## Try it:
Set down exactly the lines in the records below that run from the line with "Owes-done s.cfg s.bias" to the line with "sample_timeout_s = n 1;", inclusive, and nothing more.

## Data provided:

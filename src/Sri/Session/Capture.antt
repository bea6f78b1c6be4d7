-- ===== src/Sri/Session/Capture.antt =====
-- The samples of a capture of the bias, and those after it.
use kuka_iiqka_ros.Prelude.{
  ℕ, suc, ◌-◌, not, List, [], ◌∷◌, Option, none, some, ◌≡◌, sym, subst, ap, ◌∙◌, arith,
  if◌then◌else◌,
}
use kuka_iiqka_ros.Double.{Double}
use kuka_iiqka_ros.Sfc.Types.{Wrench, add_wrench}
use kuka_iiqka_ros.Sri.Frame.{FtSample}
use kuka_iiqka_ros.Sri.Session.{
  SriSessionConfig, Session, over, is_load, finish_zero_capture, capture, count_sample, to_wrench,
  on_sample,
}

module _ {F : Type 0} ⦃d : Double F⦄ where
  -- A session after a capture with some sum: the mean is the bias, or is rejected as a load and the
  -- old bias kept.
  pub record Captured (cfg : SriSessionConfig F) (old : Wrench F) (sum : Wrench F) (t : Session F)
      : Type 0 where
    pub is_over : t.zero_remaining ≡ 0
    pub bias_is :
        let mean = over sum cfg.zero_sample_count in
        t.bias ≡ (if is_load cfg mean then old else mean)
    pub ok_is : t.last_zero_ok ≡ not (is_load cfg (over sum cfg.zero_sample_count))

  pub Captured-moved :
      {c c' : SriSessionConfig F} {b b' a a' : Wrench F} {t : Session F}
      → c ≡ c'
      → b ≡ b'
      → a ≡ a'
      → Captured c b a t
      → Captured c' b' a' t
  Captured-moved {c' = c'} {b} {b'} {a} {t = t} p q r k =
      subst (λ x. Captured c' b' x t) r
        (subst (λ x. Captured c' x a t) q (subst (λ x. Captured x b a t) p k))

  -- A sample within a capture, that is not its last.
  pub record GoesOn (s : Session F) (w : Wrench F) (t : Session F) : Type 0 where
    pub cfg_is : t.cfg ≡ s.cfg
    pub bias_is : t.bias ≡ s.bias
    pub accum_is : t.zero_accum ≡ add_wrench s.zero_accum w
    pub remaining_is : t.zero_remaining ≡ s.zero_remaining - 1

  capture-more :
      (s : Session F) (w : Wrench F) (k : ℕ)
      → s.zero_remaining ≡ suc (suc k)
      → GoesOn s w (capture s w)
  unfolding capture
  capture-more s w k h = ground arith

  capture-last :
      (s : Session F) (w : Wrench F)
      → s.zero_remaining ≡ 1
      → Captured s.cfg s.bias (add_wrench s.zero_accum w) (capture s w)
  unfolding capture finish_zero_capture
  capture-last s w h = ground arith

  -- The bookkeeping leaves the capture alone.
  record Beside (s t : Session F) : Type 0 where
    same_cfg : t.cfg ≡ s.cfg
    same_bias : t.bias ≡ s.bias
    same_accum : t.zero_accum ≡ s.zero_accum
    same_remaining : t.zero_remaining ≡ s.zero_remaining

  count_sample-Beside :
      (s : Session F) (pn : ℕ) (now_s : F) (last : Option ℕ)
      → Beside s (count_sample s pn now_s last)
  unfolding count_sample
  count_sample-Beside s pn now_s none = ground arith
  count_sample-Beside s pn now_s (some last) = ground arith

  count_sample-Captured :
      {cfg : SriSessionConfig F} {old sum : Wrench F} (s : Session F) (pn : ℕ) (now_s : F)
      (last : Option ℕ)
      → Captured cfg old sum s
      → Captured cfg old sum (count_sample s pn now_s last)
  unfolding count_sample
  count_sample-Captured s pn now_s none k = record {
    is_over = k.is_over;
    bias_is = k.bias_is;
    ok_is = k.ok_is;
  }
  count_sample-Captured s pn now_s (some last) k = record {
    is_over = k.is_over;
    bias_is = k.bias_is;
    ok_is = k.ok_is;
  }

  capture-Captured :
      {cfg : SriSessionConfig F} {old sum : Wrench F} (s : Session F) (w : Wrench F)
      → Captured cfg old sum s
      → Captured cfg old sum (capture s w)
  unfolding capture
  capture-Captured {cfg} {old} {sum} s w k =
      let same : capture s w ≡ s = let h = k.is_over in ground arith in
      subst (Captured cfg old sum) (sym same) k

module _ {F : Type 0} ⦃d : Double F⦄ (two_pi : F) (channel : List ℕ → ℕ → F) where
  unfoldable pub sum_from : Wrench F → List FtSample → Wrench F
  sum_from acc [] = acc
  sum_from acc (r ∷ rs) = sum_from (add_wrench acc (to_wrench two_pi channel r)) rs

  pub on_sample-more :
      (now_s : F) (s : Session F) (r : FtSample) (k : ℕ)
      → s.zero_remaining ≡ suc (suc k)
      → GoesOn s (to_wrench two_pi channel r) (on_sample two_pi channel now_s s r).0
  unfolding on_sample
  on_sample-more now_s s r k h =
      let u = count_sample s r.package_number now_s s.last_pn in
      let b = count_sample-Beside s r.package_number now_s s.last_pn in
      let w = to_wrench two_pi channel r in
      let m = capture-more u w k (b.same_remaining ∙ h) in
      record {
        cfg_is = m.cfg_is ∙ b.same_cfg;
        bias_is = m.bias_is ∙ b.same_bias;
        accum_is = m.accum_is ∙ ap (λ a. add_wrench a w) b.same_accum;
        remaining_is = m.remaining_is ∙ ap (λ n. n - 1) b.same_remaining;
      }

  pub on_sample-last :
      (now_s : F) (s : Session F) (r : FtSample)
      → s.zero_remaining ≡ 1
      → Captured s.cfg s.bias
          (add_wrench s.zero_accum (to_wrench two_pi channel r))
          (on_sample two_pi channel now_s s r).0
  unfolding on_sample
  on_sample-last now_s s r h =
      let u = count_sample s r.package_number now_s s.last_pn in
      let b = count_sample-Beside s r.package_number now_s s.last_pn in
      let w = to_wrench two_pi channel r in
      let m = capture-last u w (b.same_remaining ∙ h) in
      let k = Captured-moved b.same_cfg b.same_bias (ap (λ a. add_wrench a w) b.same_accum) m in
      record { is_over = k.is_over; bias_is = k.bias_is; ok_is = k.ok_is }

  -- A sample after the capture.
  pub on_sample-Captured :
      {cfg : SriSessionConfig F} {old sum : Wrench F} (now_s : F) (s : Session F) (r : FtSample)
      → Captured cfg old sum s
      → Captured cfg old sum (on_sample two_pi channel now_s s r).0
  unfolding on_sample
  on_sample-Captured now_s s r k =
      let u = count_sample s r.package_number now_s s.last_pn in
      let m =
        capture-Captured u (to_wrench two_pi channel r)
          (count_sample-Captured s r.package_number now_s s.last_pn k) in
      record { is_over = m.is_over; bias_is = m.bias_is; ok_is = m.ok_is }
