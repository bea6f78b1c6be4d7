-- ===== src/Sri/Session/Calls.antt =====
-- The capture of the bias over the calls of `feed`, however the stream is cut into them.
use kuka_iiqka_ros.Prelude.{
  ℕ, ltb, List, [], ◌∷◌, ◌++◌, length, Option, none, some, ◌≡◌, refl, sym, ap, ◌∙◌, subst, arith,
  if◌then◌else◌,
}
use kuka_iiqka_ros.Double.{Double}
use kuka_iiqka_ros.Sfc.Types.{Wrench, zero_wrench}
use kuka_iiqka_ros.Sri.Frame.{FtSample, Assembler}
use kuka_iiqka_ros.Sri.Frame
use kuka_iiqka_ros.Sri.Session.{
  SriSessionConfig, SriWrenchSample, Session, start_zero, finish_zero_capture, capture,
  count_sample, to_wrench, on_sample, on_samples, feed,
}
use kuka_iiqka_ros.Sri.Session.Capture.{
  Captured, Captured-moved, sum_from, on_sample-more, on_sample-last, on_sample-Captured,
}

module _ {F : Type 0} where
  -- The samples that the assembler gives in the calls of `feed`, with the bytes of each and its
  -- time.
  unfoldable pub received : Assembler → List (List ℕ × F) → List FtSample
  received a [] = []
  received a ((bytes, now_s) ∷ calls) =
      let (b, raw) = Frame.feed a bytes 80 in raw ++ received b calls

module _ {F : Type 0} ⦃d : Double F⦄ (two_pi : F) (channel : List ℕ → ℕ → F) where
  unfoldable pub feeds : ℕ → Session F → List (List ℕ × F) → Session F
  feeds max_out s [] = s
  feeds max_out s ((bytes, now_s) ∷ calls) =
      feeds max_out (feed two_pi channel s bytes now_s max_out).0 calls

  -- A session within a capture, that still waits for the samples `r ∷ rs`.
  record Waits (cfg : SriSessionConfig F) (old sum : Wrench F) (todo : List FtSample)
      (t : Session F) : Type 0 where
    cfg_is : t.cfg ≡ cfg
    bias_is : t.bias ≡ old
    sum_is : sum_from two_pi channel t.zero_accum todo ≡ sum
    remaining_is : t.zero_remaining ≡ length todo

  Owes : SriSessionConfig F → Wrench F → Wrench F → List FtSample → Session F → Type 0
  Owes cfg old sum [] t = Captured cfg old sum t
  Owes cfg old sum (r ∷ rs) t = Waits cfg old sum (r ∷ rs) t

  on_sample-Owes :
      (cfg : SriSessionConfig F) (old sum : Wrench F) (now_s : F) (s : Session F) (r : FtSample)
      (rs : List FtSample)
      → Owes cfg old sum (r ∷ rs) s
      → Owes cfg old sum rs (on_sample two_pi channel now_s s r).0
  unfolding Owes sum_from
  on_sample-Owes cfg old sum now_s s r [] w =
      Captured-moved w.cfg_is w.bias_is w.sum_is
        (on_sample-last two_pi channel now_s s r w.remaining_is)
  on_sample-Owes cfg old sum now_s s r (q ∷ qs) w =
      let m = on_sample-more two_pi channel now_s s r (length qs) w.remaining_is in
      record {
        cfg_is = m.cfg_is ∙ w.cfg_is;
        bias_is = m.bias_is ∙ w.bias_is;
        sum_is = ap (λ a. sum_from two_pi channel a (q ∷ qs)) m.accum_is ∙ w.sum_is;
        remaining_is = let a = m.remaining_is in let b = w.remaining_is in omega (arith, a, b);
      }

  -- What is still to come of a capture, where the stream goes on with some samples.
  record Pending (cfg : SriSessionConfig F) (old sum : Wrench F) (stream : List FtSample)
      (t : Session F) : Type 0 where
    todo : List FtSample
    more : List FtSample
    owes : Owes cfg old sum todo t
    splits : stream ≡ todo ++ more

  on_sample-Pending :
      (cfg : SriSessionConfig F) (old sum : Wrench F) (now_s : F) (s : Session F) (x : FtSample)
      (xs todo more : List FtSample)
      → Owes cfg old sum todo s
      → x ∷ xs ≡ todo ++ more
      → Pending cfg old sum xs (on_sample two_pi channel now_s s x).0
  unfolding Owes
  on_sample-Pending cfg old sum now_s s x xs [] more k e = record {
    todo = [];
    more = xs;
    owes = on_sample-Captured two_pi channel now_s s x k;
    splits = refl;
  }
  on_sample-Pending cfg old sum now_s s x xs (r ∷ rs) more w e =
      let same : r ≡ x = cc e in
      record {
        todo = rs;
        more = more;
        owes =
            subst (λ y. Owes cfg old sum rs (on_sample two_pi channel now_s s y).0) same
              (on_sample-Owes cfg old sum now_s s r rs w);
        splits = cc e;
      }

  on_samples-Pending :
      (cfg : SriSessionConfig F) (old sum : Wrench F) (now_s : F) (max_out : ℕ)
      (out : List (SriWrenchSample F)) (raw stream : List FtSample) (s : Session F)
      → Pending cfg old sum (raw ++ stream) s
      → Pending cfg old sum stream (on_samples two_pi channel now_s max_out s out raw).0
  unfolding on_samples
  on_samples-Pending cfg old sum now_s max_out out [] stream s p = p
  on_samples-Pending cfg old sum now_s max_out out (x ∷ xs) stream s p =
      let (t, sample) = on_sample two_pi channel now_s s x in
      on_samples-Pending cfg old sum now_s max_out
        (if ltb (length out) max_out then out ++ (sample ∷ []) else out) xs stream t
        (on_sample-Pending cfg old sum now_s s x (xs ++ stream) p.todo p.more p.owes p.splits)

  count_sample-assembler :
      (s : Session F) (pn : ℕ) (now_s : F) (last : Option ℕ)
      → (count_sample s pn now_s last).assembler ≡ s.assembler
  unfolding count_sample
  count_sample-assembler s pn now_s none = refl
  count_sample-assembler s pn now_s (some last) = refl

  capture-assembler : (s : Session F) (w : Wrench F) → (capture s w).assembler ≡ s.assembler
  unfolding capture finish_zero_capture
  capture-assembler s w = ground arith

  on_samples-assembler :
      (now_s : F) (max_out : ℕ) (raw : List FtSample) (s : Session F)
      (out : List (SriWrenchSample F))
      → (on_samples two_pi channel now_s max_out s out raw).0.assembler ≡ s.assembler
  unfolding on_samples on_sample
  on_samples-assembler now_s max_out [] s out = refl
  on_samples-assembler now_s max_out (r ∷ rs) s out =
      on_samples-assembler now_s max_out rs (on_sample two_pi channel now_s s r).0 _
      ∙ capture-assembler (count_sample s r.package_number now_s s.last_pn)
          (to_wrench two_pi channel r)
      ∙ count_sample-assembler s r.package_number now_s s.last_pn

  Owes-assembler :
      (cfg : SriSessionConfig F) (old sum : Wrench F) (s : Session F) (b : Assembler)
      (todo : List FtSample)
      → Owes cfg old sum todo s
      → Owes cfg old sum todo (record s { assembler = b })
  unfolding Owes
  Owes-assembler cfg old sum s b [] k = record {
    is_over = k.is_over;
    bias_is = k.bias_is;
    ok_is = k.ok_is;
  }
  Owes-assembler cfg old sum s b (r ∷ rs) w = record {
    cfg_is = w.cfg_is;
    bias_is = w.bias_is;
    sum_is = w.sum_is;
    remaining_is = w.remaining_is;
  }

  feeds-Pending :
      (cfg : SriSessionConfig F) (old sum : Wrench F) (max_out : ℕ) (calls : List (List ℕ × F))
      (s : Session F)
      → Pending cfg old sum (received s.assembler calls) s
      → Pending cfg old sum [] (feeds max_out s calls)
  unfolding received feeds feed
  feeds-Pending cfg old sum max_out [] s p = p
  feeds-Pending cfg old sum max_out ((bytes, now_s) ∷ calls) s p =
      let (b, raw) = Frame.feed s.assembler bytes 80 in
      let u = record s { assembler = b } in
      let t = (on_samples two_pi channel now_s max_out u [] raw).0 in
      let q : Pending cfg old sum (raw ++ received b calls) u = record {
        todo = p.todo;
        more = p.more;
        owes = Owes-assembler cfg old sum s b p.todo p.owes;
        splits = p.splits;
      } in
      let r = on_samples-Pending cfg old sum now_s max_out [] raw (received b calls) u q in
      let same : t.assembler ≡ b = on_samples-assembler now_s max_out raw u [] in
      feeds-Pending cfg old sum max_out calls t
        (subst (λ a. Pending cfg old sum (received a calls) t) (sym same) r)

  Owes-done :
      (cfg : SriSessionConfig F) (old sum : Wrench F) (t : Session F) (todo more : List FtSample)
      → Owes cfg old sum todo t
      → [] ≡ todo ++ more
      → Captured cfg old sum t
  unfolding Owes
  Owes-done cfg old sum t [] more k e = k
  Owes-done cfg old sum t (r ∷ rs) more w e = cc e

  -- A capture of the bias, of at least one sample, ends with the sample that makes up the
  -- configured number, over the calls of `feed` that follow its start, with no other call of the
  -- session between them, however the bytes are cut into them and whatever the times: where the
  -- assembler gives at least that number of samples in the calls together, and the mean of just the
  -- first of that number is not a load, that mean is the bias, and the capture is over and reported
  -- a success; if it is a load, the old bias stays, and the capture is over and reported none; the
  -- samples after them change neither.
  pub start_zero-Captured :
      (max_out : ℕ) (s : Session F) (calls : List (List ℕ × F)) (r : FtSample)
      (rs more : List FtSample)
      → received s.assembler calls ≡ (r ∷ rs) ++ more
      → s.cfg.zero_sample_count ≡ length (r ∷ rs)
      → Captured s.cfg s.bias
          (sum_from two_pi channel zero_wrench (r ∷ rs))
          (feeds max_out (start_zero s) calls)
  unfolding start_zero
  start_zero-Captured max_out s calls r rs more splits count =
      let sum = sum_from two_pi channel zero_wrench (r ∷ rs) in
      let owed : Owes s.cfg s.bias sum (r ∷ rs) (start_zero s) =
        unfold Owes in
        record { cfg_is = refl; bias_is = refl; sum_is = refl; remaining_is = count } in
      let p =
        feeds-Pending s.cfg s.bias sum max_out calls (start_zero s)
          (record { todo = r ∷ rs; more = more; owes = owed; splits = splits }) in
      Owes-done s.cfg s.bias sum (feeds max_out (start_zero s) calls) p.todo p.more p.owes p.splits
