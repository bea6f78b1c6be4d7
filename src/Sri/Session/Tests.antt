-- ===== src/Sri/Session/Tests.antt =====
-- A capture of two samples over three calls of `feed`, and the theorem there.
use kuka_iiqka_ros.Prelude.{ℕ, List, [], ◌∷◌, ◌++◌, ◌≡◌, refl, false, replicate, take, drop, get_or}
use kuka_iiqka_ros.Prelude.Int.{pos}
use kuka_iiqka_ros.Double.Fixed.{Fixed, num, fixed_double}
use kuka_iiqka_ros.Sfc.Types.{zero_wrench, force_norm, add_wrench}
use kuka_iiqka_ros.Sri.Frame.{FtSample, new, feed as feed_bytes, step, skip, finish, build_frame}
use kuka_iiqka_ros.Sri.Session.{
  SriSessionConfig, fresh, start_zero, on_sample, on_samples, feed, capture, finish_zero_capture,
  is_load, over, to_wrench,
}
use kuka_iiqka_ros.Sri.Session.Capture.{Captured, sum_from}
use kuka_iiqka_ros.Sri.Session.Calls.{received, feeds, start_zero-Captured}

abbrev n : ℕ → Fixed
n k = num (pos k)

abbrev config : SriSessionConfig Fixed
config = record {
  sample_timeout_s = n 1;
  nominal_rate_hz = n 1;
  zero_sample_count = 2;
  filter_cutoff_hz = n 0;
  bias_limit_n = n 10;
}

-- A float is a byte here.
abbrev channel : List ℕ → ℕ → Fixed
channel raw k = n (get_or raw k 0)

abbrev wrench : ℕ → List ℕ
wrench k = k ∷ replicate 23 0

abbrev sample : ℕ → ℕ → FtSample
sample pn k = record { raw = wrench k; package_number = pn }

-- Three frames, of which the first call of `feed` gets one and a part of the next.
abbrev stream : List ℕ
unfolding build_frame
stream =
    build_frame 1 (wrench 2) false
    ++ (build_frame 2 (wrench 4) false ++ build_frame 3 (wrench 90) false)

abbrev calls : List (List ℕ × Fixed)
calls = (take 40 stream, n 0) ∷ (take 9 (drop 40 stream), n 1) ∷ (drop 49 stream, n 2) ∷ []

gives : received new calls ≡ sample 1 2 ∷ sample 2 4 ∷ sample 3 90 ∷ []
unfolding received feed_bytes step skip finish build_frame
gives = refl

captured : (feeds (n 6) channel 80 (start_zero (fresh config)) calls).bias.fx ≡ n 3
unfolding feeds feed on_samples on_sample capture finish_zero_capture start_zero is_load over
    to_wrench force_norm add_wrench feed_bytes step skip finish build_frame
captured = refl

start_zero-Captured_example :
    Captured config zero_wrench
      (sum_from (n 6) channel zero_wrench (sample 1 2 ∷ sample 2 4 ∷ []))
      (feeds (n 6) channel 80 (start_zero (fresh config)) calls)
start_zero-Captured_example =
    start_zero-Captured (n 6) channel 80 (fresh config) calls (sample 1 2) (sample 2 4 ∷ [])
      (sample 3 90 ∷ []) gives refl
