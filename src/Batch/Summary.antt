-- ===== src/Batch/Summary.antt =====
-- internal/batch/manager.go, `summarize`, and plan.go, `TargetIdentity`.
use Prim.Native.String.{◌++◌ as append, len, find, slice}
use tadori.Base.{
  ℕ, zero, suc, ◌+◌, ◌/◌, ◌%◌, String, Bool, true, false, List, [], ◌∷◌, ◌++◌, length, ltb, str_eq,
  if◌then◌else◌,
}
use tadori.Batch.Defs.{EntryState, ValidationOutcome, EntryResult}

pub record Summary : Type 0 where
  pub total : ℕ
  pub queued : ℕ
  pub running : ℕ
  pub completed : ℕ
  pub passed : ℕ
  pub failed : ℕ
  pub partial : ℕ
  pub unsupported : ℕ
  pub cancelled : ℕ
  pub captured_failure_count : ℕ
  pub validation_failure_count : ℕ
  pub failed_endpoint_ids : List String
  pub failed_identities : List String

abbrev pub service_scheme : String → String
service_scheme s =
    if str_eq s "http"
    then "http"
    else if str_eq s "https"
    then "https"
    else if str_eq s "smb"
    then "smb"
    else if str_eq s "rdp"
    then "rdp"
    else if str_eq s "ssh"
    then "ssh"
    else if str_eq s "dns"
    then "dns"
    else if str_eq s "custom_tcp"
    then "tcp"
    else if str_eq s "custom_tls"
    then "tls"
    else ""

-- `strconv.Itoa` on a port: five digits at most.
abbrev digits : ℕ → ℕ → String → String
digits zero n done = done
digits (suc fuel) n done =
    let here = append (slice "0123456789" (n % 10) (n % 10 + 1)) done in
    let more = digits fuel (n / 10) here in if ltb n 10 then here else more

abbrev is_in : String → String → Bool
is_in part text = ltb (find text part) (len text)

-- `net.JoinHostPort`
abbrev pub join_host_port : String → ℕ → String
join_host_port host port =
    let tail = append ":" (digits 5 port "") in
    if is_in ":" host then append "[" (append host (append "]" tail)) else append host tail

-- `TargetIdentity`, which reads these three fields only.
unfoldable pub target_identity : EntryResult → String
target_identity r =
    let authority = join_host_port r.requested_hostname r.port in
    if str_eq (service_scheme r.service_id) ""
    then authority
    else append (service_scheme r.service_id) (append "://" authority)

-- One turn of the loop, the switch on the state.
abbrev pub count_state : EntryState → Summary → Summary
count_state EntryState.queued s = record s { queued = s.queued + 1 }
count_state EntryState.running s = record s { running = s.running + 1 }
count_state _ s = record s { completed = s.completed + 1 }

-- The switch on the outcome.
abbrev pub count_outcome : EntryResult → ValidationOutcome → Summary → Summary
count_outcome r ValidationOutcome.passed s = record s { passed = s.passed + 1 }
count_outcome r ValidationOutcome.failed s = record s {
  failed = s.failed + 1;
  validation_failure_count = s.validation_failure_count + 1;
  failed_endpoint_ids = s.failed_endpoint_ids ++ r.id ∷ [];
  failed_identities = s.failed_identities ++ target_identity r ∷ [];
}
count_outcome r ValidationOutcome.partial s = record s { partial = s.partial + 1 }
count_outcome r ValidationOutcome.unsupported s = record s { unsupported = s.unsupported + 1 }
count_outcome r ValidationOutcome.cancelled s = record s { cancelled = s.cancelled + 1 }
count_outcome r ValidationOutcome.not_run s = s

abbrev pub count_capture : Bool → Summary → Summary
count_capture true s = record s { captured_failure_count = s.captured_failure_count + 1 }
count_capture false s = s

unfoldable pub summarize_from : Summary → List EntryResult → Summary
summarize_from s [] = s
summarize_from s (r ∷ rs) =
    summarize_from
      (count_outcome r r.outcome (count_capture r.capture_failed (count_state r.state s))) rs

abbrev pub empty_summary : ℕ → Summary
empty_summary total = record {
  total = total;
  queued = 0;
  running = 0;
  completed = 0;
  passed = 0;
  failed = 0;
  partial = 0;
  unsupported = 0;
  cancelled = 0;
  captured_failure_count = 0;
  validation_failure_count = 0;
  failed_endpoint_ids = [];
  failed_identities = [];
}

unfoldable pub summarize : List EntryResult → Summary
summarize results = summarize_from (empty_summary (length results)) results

## Solved exercise:
      Owes-done s.cfg s.bias sum (feeds max_out (start_zero s) calls) p.todo p.more p.owes p.splits
repository bea6f78b1c6be4d7
filename src/Sri/Session/Tests.antt
-- ===== src/Sri/Session/Tests.antt =====
-- A capture of two samples over three calls of `feed`, and the theorem there.
use kuka_iiqka_ros.Prelude.{ℕ, List, [], ◌∷◌, ◌++◌, ◌≡◌, refl, false, replicate, take, drop, get_or}
use kuka_iiqka_ros.Prelude.Int.{pos}
use kuka_iiqka_ros.Double.Fixed.{Fixed, num, fixed_double}
use kuka_iiqka_ros.Sfc.Types.{zero_wrench, force_norm, add_wrench}
use kuka_iiqka_ros.Sri.Frame.{FtSample, new, feed as feed_bytes, step, skip, finish, build_frame}
use kuka_iiqka_ros.Sri.Session.{
  SriSessionConfig, fresh, start_zero, on_sample, on_samples, feed, capture, finish_zero_capture,
  is_load, over, to_wrench,
}
use kuka_iiqka_ros.Sri.Session.Capture.{Captured, sum_from}
use kuka_iiqka_ros.Sri.Session.Calls.{received, feeds, start_zero-Captured}

abbrev n : ℕ → Fixed
n k = num (pos k)

abbrev config : SriSessionConfig Fixed
config = record {
  sample_timeout_s = n 1;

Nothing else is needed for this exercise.